Nicht geplant war, dass die Öffentlichkeit von den Vorkommnissen und den Sorgen erfährt. Doch Recherchen der SN zeigen bald das Ausmass auf. Dies auch dank Protokollen des Stadtschulrats, deren Einsichtnahme die Zeitung sich auf dem Rechtsweg erstreiten musste.

Zitate zurückgezogen

Die SN berichteten mehrere Male über den Fall, der Fokus lag dabei aber nicht auf der muslimischen Familie, sondern auf dem Verhalten des Stadtschulrats. Dieser hatte nach Ansicht der Zeitung versucht, die Wahrheit unter dem Deckel zu behalten. Schulpräsidentin Katrin Huber lehnte eine Interviewanfrage ab, Zitate wurden nachträglich zurückgezogen. Probleme mit Familien einer bestimmten Kultur und Religion gebe es nicht, hiess es.

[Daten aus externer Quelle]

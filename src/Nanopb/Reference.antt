-- ===== src/Nanopb/Reference.antt =====
-- The protocol buffers encoding of a message in memory, as the format and the layout of nanopb's structs
-- describe it, in terms of its own: none of the tests and conversions of Kasei/Pods/nanopb/pb_encode.c is
-- used. Only the addresses of the fields are those that the iterator of pb_common.c computes.
pub mod Values
pub mod Presence
pub mod Messages
use kaseiapp.Base.{
  ℕ, zero, suc, ◌+◌, ◌-◌, ◌*◌, ◌^◌, Bool, true, false, not, ◌&&◌, ◌||◌, Option, none, some, List,
  [], ◌∷◌, ltb, ◌==◌, if◌then◌else◌,
}
use kaseiapp.Base.Memory.{Memory, ℤ, pos, negsuc, load, bytes_at, offset_by}
use kaseiapp.Nanopb.Pb.{
  FieldInfo, Ltype, bool, varint, uvarint, svarint, fixed32, fixed64, bytes, string, submessage,
  extension, fixed_length_bytes, Htype, required, optional, repeated, oneof, Atype, static, pointer,
  callback, invalid,
}
use kaseiapp.Nanopb.Ostream.Emits.{Wire, emitted, stopped, join}
use kaseiapp.Nanopb.Write.Varint.{varint_bytes}
use kaseiapp.Nanopb.Write.Scalars.{string_bytes}
use kaseiapp.Nanopb.Fields.{
  Fields, last, field, Ptr, null, value, submsg, chain, Extensions, no_more, linked, begin_data,
  data_after, extension_data,
}
use kaseiapp.Nanopb.Wire.{delimited, items_wire}

-- The wire types of the format.
abbrev pub wire_type_number : Ltype → Option ℕ
wire_type_number fixed64 = some 1
wire_type_number string = some 2
wire_type_number bytes = some 2
wire_type_number submessage = some 2
wire_type_number fixed_length_bytes = some 2
wire_type_number fixed32 = some 5
wire_type_number extension = none
wire_type_number _ = some 0

-- A key is the number of the field above three bits of wire type.
abbrev pub key_of : ℕ → Option ℕ → Wire
key_of tag none = stopped []
key_of tag (some wire_type) = emitted (varint_bytes (8 * tag + wire_type))

-- The types whose arrays are packed.
abbrev pub is_number : Ltype → Bool
is_number string = false
is_number bytes = false
is_number submessage = false
is_number extension = false
is_number fixed_length_bytes = false
is_number _ = true

abbrev pub is_placeholder : Ltype → Bool
is_placeholder extension = true
is_placeholder _ = false

-- The sizes of integers.
abbrev pub is_one_of : ℕ → List ℕ → Bool
is_one_of n [] = false
is_one_of n (k ∷ ks) = (n == k) || is_one_of n ks

abbrev pub has_int_size : ℕ → Bool
has_int_size n = is_one_of n (1 ∷ 2 ∷ 4 ∷ 8 ∷ [])

-- The negative numbers of `n` bytes are those from 2 ^ (8 * n - 1) on, each 2 ^ (8 * n) less than its
-- bytes say. In 64 bits -m is 2 ^ 64 - m, and its zigzag code is 2 * m - 1.
abbrev pub is_negative : ℕ → ℕ → Bool
is_negative n v = not (ltb v (2 ^ (8 * n - 1)))

abbrev pub two_complement : ℕ → ℕ → ℕ
two_complement n v = if is_negative n v then 2 ^ 64 - (2 ^ (8 * n) - v) else v

abbrev pub zigzag_code : ℕ → ℕ → ℕ
zigzag_code n v = if is_negative n v then 2 * (2 ^ (8 * n) - v) - 1 else 2 * v

-- Whether a count, `has_` or `which_` member lies elsewhere than the data.
abbrev pub has_member : ℤ → Bool
has_member (pos n) = ltb 0 n
has_member (negsuc n) = true

-- The most bytes that a text has: its array's size, or no limit behind a pointer.
abbrev pub text_limit : FieldInfo → Atype → ℕ
text_limit info pointer = 2 ^ 64 - 1
text_limit info _ = info.data_size

abbrev pub is_too_long : FieldInfo → ℕ → Atype → Bool
is_too_long info count static = ltb info.data_size (count + 4)
is_too_long info count _ = false

-- The limit on the count of an array, which there is not behind a pointer.
abbrev pub is_too_many : FieldInfo → ℕ → Atype → Bool
is_too_many info count pointer = false
is_too_many info count _ = ltb info.array_size count

module _ (mem : Memory) where
  -- The bytes before the first zero byte.
  unfoldable pub text_bytes : ℕ → ℕ → List ℕ
  text_bytes p zero = []
  text_bytes p (suc n) = if mem p == 0 then [] else mem p ∷ text_bytes (p + 1) n

  unfoldable pub value_encoding : FieldInfo → Option (ℕ → Wire) → Ltype → ℕ → Wire
  unfolding text_bytes
  value_encoding info sub bool src = emitted (varint_bytes (if mem src == 0 then 0 else 1))
  value_encoding info sub varint src =
      if has_int_size info.data_size
      then emitted (varint_bytes (two_complement info.data_size (load mem src info.data_size)))
      else stopped []
  value_encoding info sub uvarint src =
      if has_int_size info.data_size
      then emitted (varint_bytes (load mem src info.data_size))
      else stopped []
  value_encoding info sub svarint src =
      if has_int_size info.data_size
      then emitted (varint_bytes (zigzag_code info.data_size (load mem src info.data_size)))
      else stopped []
  value_encoding info sub fixed32 src = emitted (bytes_at mem src 4)
  value_encoding info sub fixed64 src = emitted (bytes_at mem src 8)
  value_encoding info sub bytes src =
      if src == 0
      then emitted (string_bytes [])
      else if is_too_long info (load mem src 4) info.atype
      then stopped []
      else emitted (string_bytes (bytes_at mem (src + 4) (load mem src 4)))
  value_encoding info sub string src =
      emitted (string_bytes (if src == 0 then [] else text_bytes src (text_limit info info.atype)))
  value_encoding info none submessage src = stopped []
  value_encoding info (some sub) submessage src = delimited (sub src)
  value_encoding info sub extension src = stopped []
  value_encoding info sub fixed_length_bytes src =
      emitted (string_bytes (bytes_at mem src info.data_size))

  abbrev pub tagged_encoding : FieldInfo → (ℕ → Wire) → ℕ → Wire
  tagged_encoding info item p = join (key_of info.tag (wire_type_number info.ltype)) (item p)

  -- Arrays of texts and of byte arrays behind a pointer are arrays of pointers.
  abbrev pub entry_at : Atype → Ltype → ℕ → ℕ
  entry_at pointer string p = load mem p 8
  entry_at pointer bytes p = load mem p 8
  entry_at _ _ p = p

  unfoldable pub array_encoding : FieldInfo → (ℕ → Wire) → ℕ → ℕ → Wire
  array_encoding info item count p =
      if count == 0
      then emitted []
      else if is_too_many info count info.atype
      then stopped []
      else if is_number info.ltype
      then join (key_of info.tag (some 2)) (delimited (items_wire item info.data_size count p))
      else items_wire (λ q. tagged_encoding info item (entry_at info.atype info.ltype q))
          info.data_size count p

  unfoldable pub has_nonzero : ℕ → ℕ → Bool
  has_nonzero p zero = false
  has_nonzero p (suc n) = not (mem p == 0) || has_nonzero (p + 1) n

  -- Whether a value in the struct itself is another than that of an empty message.
  abbrev pub has_content : FieldInfo → (ℕ → Bool) → ℕ → Ltype → Bool
  has_content info sub_set p bytes = ltb 0 (load mem p 4)
  has_content info sub_set p string = not (mem p == 0)
  has_content info sub_set p fixed_length_bytes = ltb 0 info.data_size
  has_content info sub_set p submessage = sub_set p
  has_content info sub_set p _ = has_nonzero p info.data_size

  -- The same with regard to the field's allocation. Behind a pointer to a number as many bytes of the
  -- pointer count as the number has.
  abbrev pub has_data : FieldInfo → (ℕ → Bool) → ℕ → Atype → Bool
  has_data info sub_set p static = has_content info sub_set p info.ltype
  has_data info sub_set p pointer =
      if is_number info.ltype then has_nonzero p info.data_size else not (load mem p 8 == 0)
  has_data info sub_set p _ = has_nonzero p info.data_size

  abbrev pub array_set : FieldInfo → (ℕ → Bool) → ℕ → Atype → Bool
  array_set info sub_set p static = true
  array_set info sub_set p a = has_data info sub_set p a

  -- Whether a field makes the submessage that it is in one that is not empty.
  abbrev pub is_set : FieldInfo → (ℕ → Bool) → ℕ → Htype → Bool
  is_set info sub_set p required = true
  is_set info sub_set p optional =
      if has_member info.size_offset
      then not (mem (offset_by p info.size_offset) == 0)
      else has_data info sub_set p info.atype
  is_set info sub_set p repeated =
      if has_member info.size_offset
      then not (load mem (offset_by p info.size_offset) 4 == 0)
      else array_set info sub_set p info.atype
  is_set info sub_set p oneof = not (load mem (offset_by p info.size_offset) 4 == 0)

  unfoldable mutual
    unfolding has_nonzero

    pub any_set : Fields → ℕ → Bool
    any_set last p = false
    any_set (field info ptr rest) p =
        is_set info (sub_any_set ptr) p info.htype || any_set rest (data_after info rest p)

    pub sub_any_set : Ptr → ℕ → Bool
    sub_any_set null p = false
    sub_any_set (value a) p = false
    sub_any_set (submsg fields) p = any_set fields (begin_data fields p)
    sub_any_set (chain exts) p = false

  -- An optional field is there if its `has_` member is true, or its pointer is set, or, with neither, if it
  -- has another value than zero.
  abbrev pub is_there_by : FieldInfo → (ℕ → Bool) → ℕ → Atype → Bool
  is_there_by info sub_set p pointer = not (load mem p 8 == 0)
  is_there_by info sub_set p a = has_data info sub_set p a

  abbrev pub is_there : FieldInfo → (ℕ → Bool) → ℕ → Bool
  is_there info sub_set p =
      if has_member info.size_offset
      then not (mem (offset_by p info.size_offset) == 0)
      else is_there_by info sub_set p info.atype

  abbrev pub data_of : ℕ → Atype → ℕ
  data_of p pointer = load mem p 8
  data_of p _ = p

  abbrev pub count_of : FieldInfo → ℕ → ℕ
  count_of info p =
      if has_member info.size_offset
      then load mem (offset_by p info.size_offset) 4
      else info.array_size

  abbrev pub rule_encoding : FieldInfo → (ℕ → Bool) → (ℕ → Wire) → ℕ → Htype → Wire
  rule_encoding info sub_set item p required =
      if data_of p info.atype == 0
      then stopped []
      else tagged_encoding info item (data_of p info.atype)
  rule_encoding info sub_set item p optional =
      if is_there info sub_set p
      then tagged_encoding info item (data_of p info.atype)
      else emitted []
  rule_encoding info sub_set item p repeated =
      array_encoding info item (count_of info p) (data_of p info.atype)
  rule_encoding info sub_set item p oneof =
      if load mem (offset_by p info.size_offset) 4 == info.tag
      then tagged_encoding info item (data_of p info.atype)
      else emitted []

  -- What the user's functions write, by their addresses and arguments.
  module _ (callback_wire extension_wire : ℕ → ℕ → Wire) where
    abbrev pub allocation_encoding : FieldInfo → Option (ℕ → Wire) → (ℕ → Bool) → ℕ → Atype → Wire
    allocation_encoding info sub sub_set p callback =
        if load mem p 8 == 0 then emitted [] else callback_wire (load mem p 8) (p + 8)
    allocation_encoding info sub sub_set p invalid = stopped []
    allocation_encoding info sub sub_set p _ =
        rule_encoding info sub_set (value_encoding info sub info.ltype) p info.htype

    abbrev pub field_encoding : FieldInfo → Option (ℕ → Wire) → (ℕ → Bool) → ℕ → Wire
    field_encoding info sub sub_set p = allocation_encoding info sub sub_set p info.atype

    unfoldable mutual
      pub fields_encoding : Fields → ℕ → Wire
      fields_encoding last p = emitted []
      fields_encoding (field info ptr rest) p =
          join
            (if is_placeholder info.ltype
              then placeholder_encoding ptr
              else field_encoding info (sub_encoding ptr) (sub_any_set ptr) p)
            (fields_encoding rest (data_after info rest p))

      pub sub_encoding : Ptr → Option (ℕ → Wire)
      sub_encoding null = none
      sub_encoding (value a) = none
      sub_encoding (submsg fields) = some (λ p. fields_encoding fields (begin_data fields p))
      sub_encoding (chain exts) = none

      pub placeholder_encoding : Ptr → Wire
      placeholder_encoding null = emitted []
      placeholder_encoding (value a) = emitted []
      placeholder_encoding (submsg fields) = emitted []
      placeholder_encoding (chain exts) = extensions_encoding exts

      pub extensions_encoding : Extensions → Wire
      extensions_encoding no_more = emitted []
      extensions_encoding (linked encode decode info ptr dest dest_member next) =
          join
            (if encode == 0
              then field_encoding info (sub_encoding ptr) (sub_any_set ptr)
                  (extension_data info dest dest_member)
              else extension_wire encode dest_member)
            (extensions_encoding next)

    -- The encoding of the message at `src`.
    unfoldable pub message_encoding : Fields → ℕ → Wire
    unfolding fields_encoding
    message_encoding fields src = fields_encoding fields (begin_data fields src)
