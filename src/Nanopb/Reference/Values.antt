-- ===== src/Nanopb/Reference/Values.antt =====
-- The values, keys and arrays of the reference encoding are those in the terms of the encoder,
-- Kasei/Pods/nanopb/pb_encode.c.
use kaseiapp.Base.{
  ℕ, zero, suc, ◌+◌, ◌-◌, ◌*◌, ◌^◌, ◌<◌, ◌≡◌, refl, sym, ap, ◌∙◌, arith, Bool, true, false, not,
  ◌&&◌, ◌||◌, Option, none, some, List, [], ◌∷◌, IsByte, Bool-cases, inl, inr, ltb, leb, ◌==◌,
  if◌then◌else◌,
}
use kaseiapp.Base.Memory.{Memory, load, bytes_at}
use kaseiapp.Nanopb.Pb.{
  FieldInfo, Ltype, bool, varint, uvarint, svarint, fixed32, fixed64, bytes, string, submessage,
  extension, fixed_length_bytes, Atype, static, pointer, callback, invalid, is_packable,
}
use kaseiapp.Nanopb.Ostream.Emits.{Wire, emitted, stopped, join}
use kaseiapp.Nanopb.Write.{zigzag, wire_type_of}
use kaseiapp.Nanopb.Write.Varint.{varint_bytes}
use kaseiapp.Nanopb.Write.Scalars.{tag_bytes, field_tag_bytes, string_bytes, zigzag_lem}
use kaseiapp.Nanopb.Fields.{is_static, is_pointer}
use kaseiapp.Nanopb.Field.{safe_read_bool, sign_extend, is_int_size, strnlen, string_size}
use kaseiapp.Nanopb.Encode.{item_address, is_string_or_bytes}
use kaseiapp.Nanopb.Wire.{delimited, items_wire, value_wire, tagged_wire, array_wire}
use kaseiapp.Nanopb.Wire.Values.{for_int_size, sign_extend-IsU64, load_bound}
use kaseiapp.Nanopb.Flat.Numbers.{fixed_bytes-load}
use kaseiapp.Nanopb.Reference.{
  wire_type_number, key_of, is_number, has_int_size, two_complement, zigzag_code, text_limit,
  is_too_long, is_too_many, text_bytes, value_encoding, tagged_encoding, entry_at, array_encoding,
}

or_false : (b : Bool) → (b || false) ≡ b
or_false true = refl
or_false false = refl

has_int_size_lem : (n : ℕ) → is_int_size n ≡ has_int_size n
has_int_size_lem n =
    ap (λ (b : Bool). (n == 1) || ((n == 2) || ((n == 4) || b))) (sym (or_false (n == 8)))

two_complement_lem :
    (n v : ℕ) → is_int_size n ≡ true → v < 256 ^ n → sign_extend n v ≡ two_complement n v
unfolding sign_extend
two_complement_lem n v h =
    for_int_size (λ k. v < 256 ^ k → sign_extend k v ≡ two_complement k v) n h (λ b. ground arith)
      (λ b. ground arith) (λ b. ground arith) (λ b. ground arith)

-- The zigzag code of the 64-bit pattern.
abbrev zigzag_pattern : ℕ → ℕ
zigzag_pattern w = if leb (2 ^ 63) w then 2 * (2 ^ 64 - 1 - w) + 1 else 2 * w

zigzag_code_lem :
    (n v : ℕ) → is_int_size n ≡ true → v < 256 ^ n → zigzag (sign_extend n v) ≡ zigzag_code n v
zigzag_code_lem n v h b =
    zigzag_lem (sign_extend n v) (sign_extend-IsU64 n v h b)
    ∙ ap zigzag_pattern (two_complement_lem n v h b)
    ∙ for_int_size (λ k. v < 256 ^ k → zigzag_pattern (two_complement k v) ≡ zigzag_code k v) n h
        (λ c. ground arith) (λ c. ground arith) (λ c. ground arith) (λ c. ground arith) b

-- A value of an integer, which is met only at a size that integers have.
integer_lem :
    (n v w : ℕ)
    → (is_int_size n ≡ true → v ≡ w)
    → (if is_int_size n then emitted (varint_bytes v) else stopped [])
      ≡ (if has_int_size n then emitted (varint_bytes w) else stopped [])
integer_lem n v w h = elim (Bool-cases (is_int_size n)) [
  | inl good ↦
      rw (sym (has_int_size_lem n), good) (ap (λ (k : ℕ). emitted (varint_bytes k)) (h good))
  | inr bad ↦ rw (sym (has_int_size_lem n), bad) refl
]

if_not : (b : Bool) → ◌≡◌ {A = ℕ} (if not b then 1 else 0) (if b then 0 else 1)
if_not true = refl
if_not false = refl

text_limit_lem :
    (info : FieldInfo) (a : Atype)
    → (if is_pointer a then 2 ^ 64 - 1 else info.data_size) ≡ text_limit info a
text_limit_lem info static = refl
text_limit_lem info pointer = refl
text_limit_lem info callback = refl
text_limit_lem info invalid = refl

is_too_long_lem :
    (info : FieldInfo) (count : ℕ) (a : Atype)
    → (is_static a && ltb info.data_size (count + 4)) ≡ is_too_long info count a
is_too_long_lem info count static = refl
is_too_long_lem info count pointer = refl
is_too_long_lem info count callback = refl
is_too_long_lem info count invalid = refl

is_too_many_lem :
    (info : FieldInfo) (count : ℕ) (a : Atype)
    → (not (is_pointer a) && ltb info.array_size count) ≡ is_too_many info count a
is_too_many_lem info count static = refl
is_too_many_lem info count pointer = refl
is_too_many_lem info count callback = refl
is_too_many_lem info count invalid = refl

pub is_number_lem : (t : Ltype) → is_packable t ≡ is_number t
is_number_lem bool = refl
is_number_lem varint = refl
is_number_lem uvarint = refl
is_number_lem svarint = refl
is_number_lem fixed32 = refl
is_number_lem fixed64 = refl
is_number_lem bytes = refl
is_number_lem string = refl
is_number_lem submessage = refl
is_number_lem extension = refl
is_number_lem fixed_length_bytes = refl

wire_type_number_lem : (t : Ltype) → wire_type_of t ≡ wire_type_number t
wire_type_number_lem bool = refl
wire_type_number_lem varint = refl
wire_type_number_lem uvarint = refl
wire_type_number_lem svarint = refl
wire_type_number_lem fixed32 = refl
wire_type_number_lem fixed64 = refl
wire_type_number_lem bytes = refl
wire_type_number_lem string = refl
wire_type_number_lem submessage = refl
wire_type_number_lem extension = refl
wire_type_number_lem fixed_length_bytes = refl

key_lem : (tag wire_type : ℕ) → emitted (tag_bytes wire_type tag) ≡ key_of tag (some wire_type)
key_lem tag wire_type = ap (λ (k : ℕ). emitted (varint_bytes k)) (omega arith)

key_of_lem :
    (tag : ℕ) (o : Option ℕ)
    → (elim o as (λ x. Wire) [
      | some wiretype ↦ emitted (tag_bytes wiretype tag)
      | none ↦ stopped []
    ])
      ≡ key_of tag o
key_of_lem tag none = refl
key_of_lem tag (some wire_type) = key_lem tag wire_type

field_tag_lem :
    (info : FieldInfo) → field_tag_bytes info ≡ key_of info.tag (wire_type_number info.ltype)
field_tag_lem info =
    key_of_lem info.tag (wire_type_of info.ltype)
    ∙ ap (key_of info.tag) (wire_type_number_lem info.ltype)

module _ (mem : Memory) where
  text_bytes_lem : (p n : ℕ) → bytes_at mem p (strnlen mem p n) ≡ text_bytes mem p n
  unfolding text_bytes strnlen bytes_at
  text_bytes_lem p zero = refl
  text_bytes_lem p (suc n) = elim (Bool-cases (mem p == 0)) [
    | inl end ↦ rw (end, strnlen) refl
    | inr more ↦ rw (more, strnlen) (ap (λ bs. mem p ∷ bs) (text_bytes_lem (p + 1) n))
  ]

  string_lem :
      (info : FieldInfo) (src : ℕ)
      → bytes_at mem src (string_size mem info src)
        ≡ (if src == 0 then [] else text_bytes mem src (text_limit info info.atype))
  unfolding string_size bytes_at
  string_lem info src = elim (Bool-cases (src == 0)) [
    | inl empty ↦ rw empty refl
    | inr text ↦ rw text (
        ap (λ (n : ℕ). bytes_at mem src (strnlen mem src n)) (text_limit_lem info info.atype)
        ∙ text_bytes_lem src (text_limit info info.atype))
  ]

  pub tagged_lem :
      (info : FieldInfo) (item : ℕ → Wire) (p : ℕ)
      → tagged_wire mem info item p ≡ tagged_encoding mem info item p
  tagged_lem info item p = ap (λ (w : Wire). join w (item p)) (field_tag_lem info)

  entry_at_lem :
      (a : Atype) (t : Ltype) (p : ℕ)
      → (if is_pointer a && is_string_or_bytes t then load mem p 8 else p) ≡ entry_at mem a t p
  entry_at_lem static t p = refl
  entry_at_lem callback t p = refl
  entry_at_lem invalid t p = refl
  entry_at_lem pointer bool p = refl
  entry_at_lem pointer varint p = refl
  entry_at_lem pointer uvarint p = refl
  entry_at_lem pointer svarint p = refl
  entry_at_lem pointer fixed32 p = refl
  entry_at_lem pointer fixed64 p = refl
  entry_at_lem pointer bytes p = refl
  entry_at_lem pointer string p = refl
  entry_at_lem pointer submessage p = refl
  entry_at_lem pointer extension p = refl
  entry_at_lem pointer fixed_length_bytes p = refl

  one_by_one_lem :
      (info : FieldInfo) (item : ℕ → Wire) (q : ℕ)
      → tagged_wire mem info item (item_address mem info q)
        ≡ tagged_encoding mem info item (entry_at mem info.atype info.ltype q)
  one_by_one_lem info item q =
      tagged_lem info item (item_address mem info q)
      ∙ ap (tagged_encoding mem info item) (entry_at_lem info.atype info.ltype q)

  pub array_encoding_lem :
      (info : FieldInfo) (item : ℕ → Wire) (count p : ℕ)
      → array_wire mem info item count p ≡ array_encoding mem info item count p
  unfolding array_wire array_encoding
  array_encoding_lem info item count p =
      rw (is_too_many_lem info count info.atype, is_number_lem info.ltype)
        (λ i.
          if count == 0
          then emitted []
          else if is_too_many info count info.atype
          then stopped []
          else if is_number info.ltype
          then join (key_lem info.tag 2 i) (delimited (items_wire item info.data_size count p))
          else items_wire (λ q. one_by_one_lem info item q i) info.data_size count p)

  module _ (is_memory : (p : ℕ) → IsByte (mem p)) where
    pub value_encoding_lem :
        (info : FieldInfo) (sub : Option (ℕ → Wire)) (t : Ltype) (src : ℕ)
        → value_wire mem info sub t src ≡ value_encoding mem info sub t src
    unfolding value_wire value_encoding safe_read_bool
    value_encoding_lem info sub bool src =
        ap (λ (k : ℕ). emitted (varint_bytes k)) (if_not (mem src == 0))
    value_encoding_lem info sub varint src =
        integer_lem info.data_size _ _
          (λ h. two_complement_lem info.data_size _ h (load_bound mem is_memory src info.data_size))
    value_encoding_lem info sub uvarint src = integer_lem info.data_size _ _ (λ h. refl)
    value_encoding_lem info sub svarint src =
        integer_lem info.data_size _ _
          (λ h. zigzag_code_lem info.data_size _ h (load_bound mem is_memory src info.data_size))
    value_encoding_lem info sub fixed32 src = ap emitted (fixed_bytes-load mem is_memory 4 src)
    value_encoding_lem info sub fixed64 src = ap emitted (fixed_bytes-load mem is_memory 8 src)
    value_encoding_lem info sub bytes src =
        rw (is_too_long_lem info (load mem src 4) info.atype) refl
    value_encoding_lem info sub string src =
        ap (λ (bs : List ℕ). emitted (string_bytes bs)) (string_lem info src)
    value_encoding_lem info none submessage src = refl
    value_encoding_lem info (some sub) submessage src = refl
    value_encoding_lem info sub extension src = refl
    value_encoding_lem info sub fixed_length_bytes src = refl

In einem Elternbrief wurden die Erziehungsberechtigten und die Öffentlichkeit falsch informiert. Monate später sagten die Zuständigen an einer Medienkonferenz, dass es keine Anzeichen einer Radikalisierung gegeben hatte.

«Unnötige Affäre»

Darüber, was genau passiert war, herrschte in den Augen des Stadtrats Unklarheit. Er ordnete deshalb im April eine externe Abklärung der Vorkommnisse an. Gestern nun haben die mit der Untersuchung vertrauten Rechtsanwälte Tobias Jaag und Markus Rüssli von der Zürcher Anwaltskanzlei Umbricht ihre Erkenntnisse vorgestellt.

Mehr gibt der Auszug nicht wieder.